Have tweeted this on my Twitter page, lot of hunt followers and supporters on it.  Outrageous, makes you fume what people will steal.  What right have they.  Tack etc, can be replaced but the pup, so wrong


----------



## 4x4 (21 February 2012)

Have tweeted this on my Twitter page, lot of hunt followers and supporters on it. Outrageous, makes you fume what people will steal. What right have they. Tack etc, can be replaced but the pup, so wrong


----------



## joyrider (21 February 2012)

Has anyone got in touch with doglost - there is a missing young beagle in the lost section called Marble but tattoo is SAB. Maybe worth getting it put on incase she is picked up out of area


----------



## 4x4 (22 February 2012)

To bump this up - this is not a million miles away from where I live and was actually in a friends yard but I found out where on facebook.  Communication needs to be stepped up to find this dog and their tack.


----------



## Rowreach (22 February 2012)

I was surprised there wasn't more reaction on here tbh


----------



## paulineh (22 February 2012)

This dog is on Dogs Lost.

Has anyone contacted "Dog Watch Alert" they will send it to all their subscribers. Does the Hampshire police know about it.

The Dog Watch Alert website is www.dogwatchalert.com  It is a free subscription service so is well worth being a member. Dog Watch Alert covers the Thamas valley area.


----------



## Frankierider (22 February 2012)

Never done this before, but a friend said lots of people on H & H forum need more information, so I will try and give you an update on missing beagle.  She went missing during a break in to our farm barn, approx 4am Mon 20th Feb, saddlery was taken, chainsaw, compressor, stock fencing, well the list goes on, but we really need to find Marble, my children were walking her for S & ABH and are now deverstated.  The police said they will put her on Dogwatch Alert.  She is on Doglost. It would be great if you can print off their poster and display in your area.  This poor puppy could be anywhere round the country now. * Hope as many of you as possible could spread the word. *


----------



## CorvusCorax (22 February 2012)

Keep an eye on all the free websites for both the dog and the equipment (Preloved, Gumtree, Donedeal etc)


----------



## indie999 (22 February 2012)

Bump Good luck finding her ....common someone is going to be handling lots of stolen goods and a puppy...........so low! Makes me mad to steal a poor pup and cause some children big broken hearts.......... where is this area again? Sorry which area?

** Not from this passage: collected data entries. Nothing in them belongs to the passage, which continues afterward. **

-- ===== src/Admission/Tests.antt =====
-- The theorems on admission at concrete inputs: two idle instances and a busy one.
use llamesh.Prelude.{ℕ, ◌≡◌, refl, true, false, none, some, List, [], ◌∷◌, String, arith}
use llamesh.Prelude.Eq.{string_key}
use llamesh.Prelude.Dict.{lookup, insert, remove}
use llamesh.SpawnReservations.{ReservationState, node_total, profile_count}
use llamesh.Admission.Sort.{Candidate, sort_by_key}
use llamesh.Admission.Account.{Instance, Samples, resource_accounting, add_instance}
use llamesh.Admission.{
  Limits, SpawnPlan, ok, current_load, idle_candidates, evict_until, fits, pick_victims, plan_spawn,
  count_profile_instances, effective_max_instances,
}
use llamesh.Admission.Evicted.{IsQueue, Evicts, pick_victims-Outcome}
use llamesh.Admission.Plans.{Admits, plan_spawn-Admits}

abbrev instance_at : String → ℕ → ℕ → Instance
instance_at id in_flight last_activity = record {
  id = id;
  model_name = "m";
  profile_id = "p";
  in_flight_requests = in_flight;
  last_activity = last_activity;
  has_reservation = true;
  learned_memory = (0, 0);
}

abbrev instances : List Instance
instances = instance_at "i1" 0 30 ∷ instance_at "i2" 1 10 ∷ instance_at "i3" 0 20 ∷ []

abbrev reservations : ReservationState
reservations = record {
  entries =
      (
        "i1",
        record { key = "m:p"; pending = false; pid = some 11; estimate = (400, 100); ready = true },
      )
      ∷ (
        "i2",
        record { key = "m:p"; pending = false; pid = some 12; estimate = (400, 100); ready = true },
      )
      ∷ (
        "i3",
        record { key = "m:p"; pending = false; pid = none; estimate = (300, 100); ready = false },
      )
      ∷ [];
  revision = 9;
}

abbrev samples : Samples
samples = record {
  sample_vram = λ pid. some 350;
  sample_sysmem = λ pid. some 90;
  sample_device_vram = some (record { used_mb = 900; total_mb = 2000 });
}

abbrev limits : Limits
limits = record {
  max_vram_mb = 1500;
  max_sysmem_mb = 1000;
  max_instances_per_node = 4;
  max_instances_per_model = 8;
}

abbrev plan : SpawnPlan
plan = record { victims = "i3" ∷ []; revision = 9 }

-- The least recently used idle instance makes room.
plans_eviction : plan_spawn limits samples reservations instances "m" "p" none (500, 100) ≡ ok plan
unfolding plan_spawn resource_accounting pick_victims fits evict_until idle_candidates sort_by_key
    count_profile_instances effective_max_instances profile_count node_total add_instance lookup
    insert remove
plans_eviction = refl

plan_spawn-Admits_example :
    Admits limits samples reservations instances "m" "p" none (500, 100) plan
plan_spawn-Admits_example =
    plan_spawn-Admits limits samples reservations instances "m" "p" none (500, 100) plan
      (omega arith) (omega arith) plans_eviction

pick_victims-Outcome_example :
    (cs : List Candidate) × IsQueue
      (resource_accounting samples reservations instances)
      instances
      cs
    × Evicts limits
        (500, 100)
        (current_load (resource_accounting samples reservations instances) instances)
        cs
        (pick_victims limits
          (resource_accounting samples reservations instances)
          instances
          (500, 100))
pick_victims-Outcome_example =
    pick_victims-Outcome limits (resource_accounting samples reservations instances) instances
      (500, 100)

I did read the post but not sure? Thanks will keep eyes peeled in ads etc


----------



## indie999 (22 February 2012)

Is there a pic of the pup as they are quite distinctively marked beagles? I would stick posters up near and far etc.


----------



## Frankierider (22 February 2012)

If you go to the Doglost website, search beagle lost in RG27 postcode, there is a photo of her.  You can print lots of posters and display anywhere, as although missing from North Hampshire, she could now be further afield.


----------



## Cinderella (23 February 2012)

It looks as if the beagle has a black dot on her rump.  Is that correct?  
V pleased to see it mentioned on the H&H online news page.  It is so important that these people do not get away with this.  We must all try and spread the word.  Keep up the good work everyone and fingers crossed for a safe, happy return.


----------



## paulineh (23 February 2012)

Here is the link to the page

http://www.doglost.co.uk/dog_blog.php?dogId=37264&status=Lost


----------



## 4x4 (23 February 2012)

Bump and well done for getting it in this week's Horse and Hound - we must al check out any beagle pups we see being walked while we are out hacking.


----------



## Frankierider (25 February 2012)

I know we all lead busy lives, but don't forget to keep a look out for this lovey beagle pup and tell your friends to do the same.  She's out there somewhere.


----------



## Frankierider (11 March 2012)

Good news, Marble has been found and was handed into local vets at Burghfield (Berkshire) on Friday 10th March.


----------



## Sparkly Snowdrop (11 March 2012)

Frankierider said:



			Good news, Marble has been found and was handed into local vets at Burghfield (Berkshire) on Friday 10th March.
		
Click to expand...

Brilliant news.


----------



## PolarSkye (11 March 2012)

This is great news - I will let my fellow yard-mates know . . . the RMA Draghunt comes through our yard and there is a note up about the theft/missing puppy.  Thank you for letting us know .

P


----------



## JanetGeorge (11 March 2012)

Frankierider said:



			Good news, Marble has been found and was handed into local vets at Burghfield (Berkshire) on Friday 10th March.
		
Click to expand...

Excellent news!  I would guess it was a combination of publicity and her ear tattoo that saved her from being sold on quickly - so they dumped her (b*******)


----------



## Rowreach (11 March 2012)

Fantastic news, what a relief for the family particulary (and Marble I don't doubt)


----------



## 4x4 (11 March 2012)

Burghfield-isn't there a HUGE ***** camp there?  I hope they've been investigated about the stuff that was nicked!?


----------



## Posie (11 March 2012)

4x4 said:



			Burghfield-isn't there a HUGE ***** camp there?  I hope they've been investigated about the stuff that was nicked!?
		
Click to expand...

Isn't that a bit stereotypical?  I actually know a couple of lads who live there and whilst I can't say anything about the rest of them, those 2 are straight for sure.


----------



## FRaNKjaCk (26 March 2012)

Well Guys i think there is a missing young beagle in the lost section called Marble but tattoo is SAB. Lot's of hunt followers and supporters on it. Outrageous, makes you fume what people will steal. What right have they.


----------



## 4x4 (26 March 2012)

Lost section where?


----------



## 4x4 (26 March 2012)

Posie said:



			Isn't that a bit stereotypical?  I actually know a couple of lads who live there and whilst I can't say anything about the rest of them, those 2 are straight for sure.
		
Click to expand...

I have known several trailers which ended up in there, plus other stuff from the locals.  B careful who you mix with Posie dear.


----------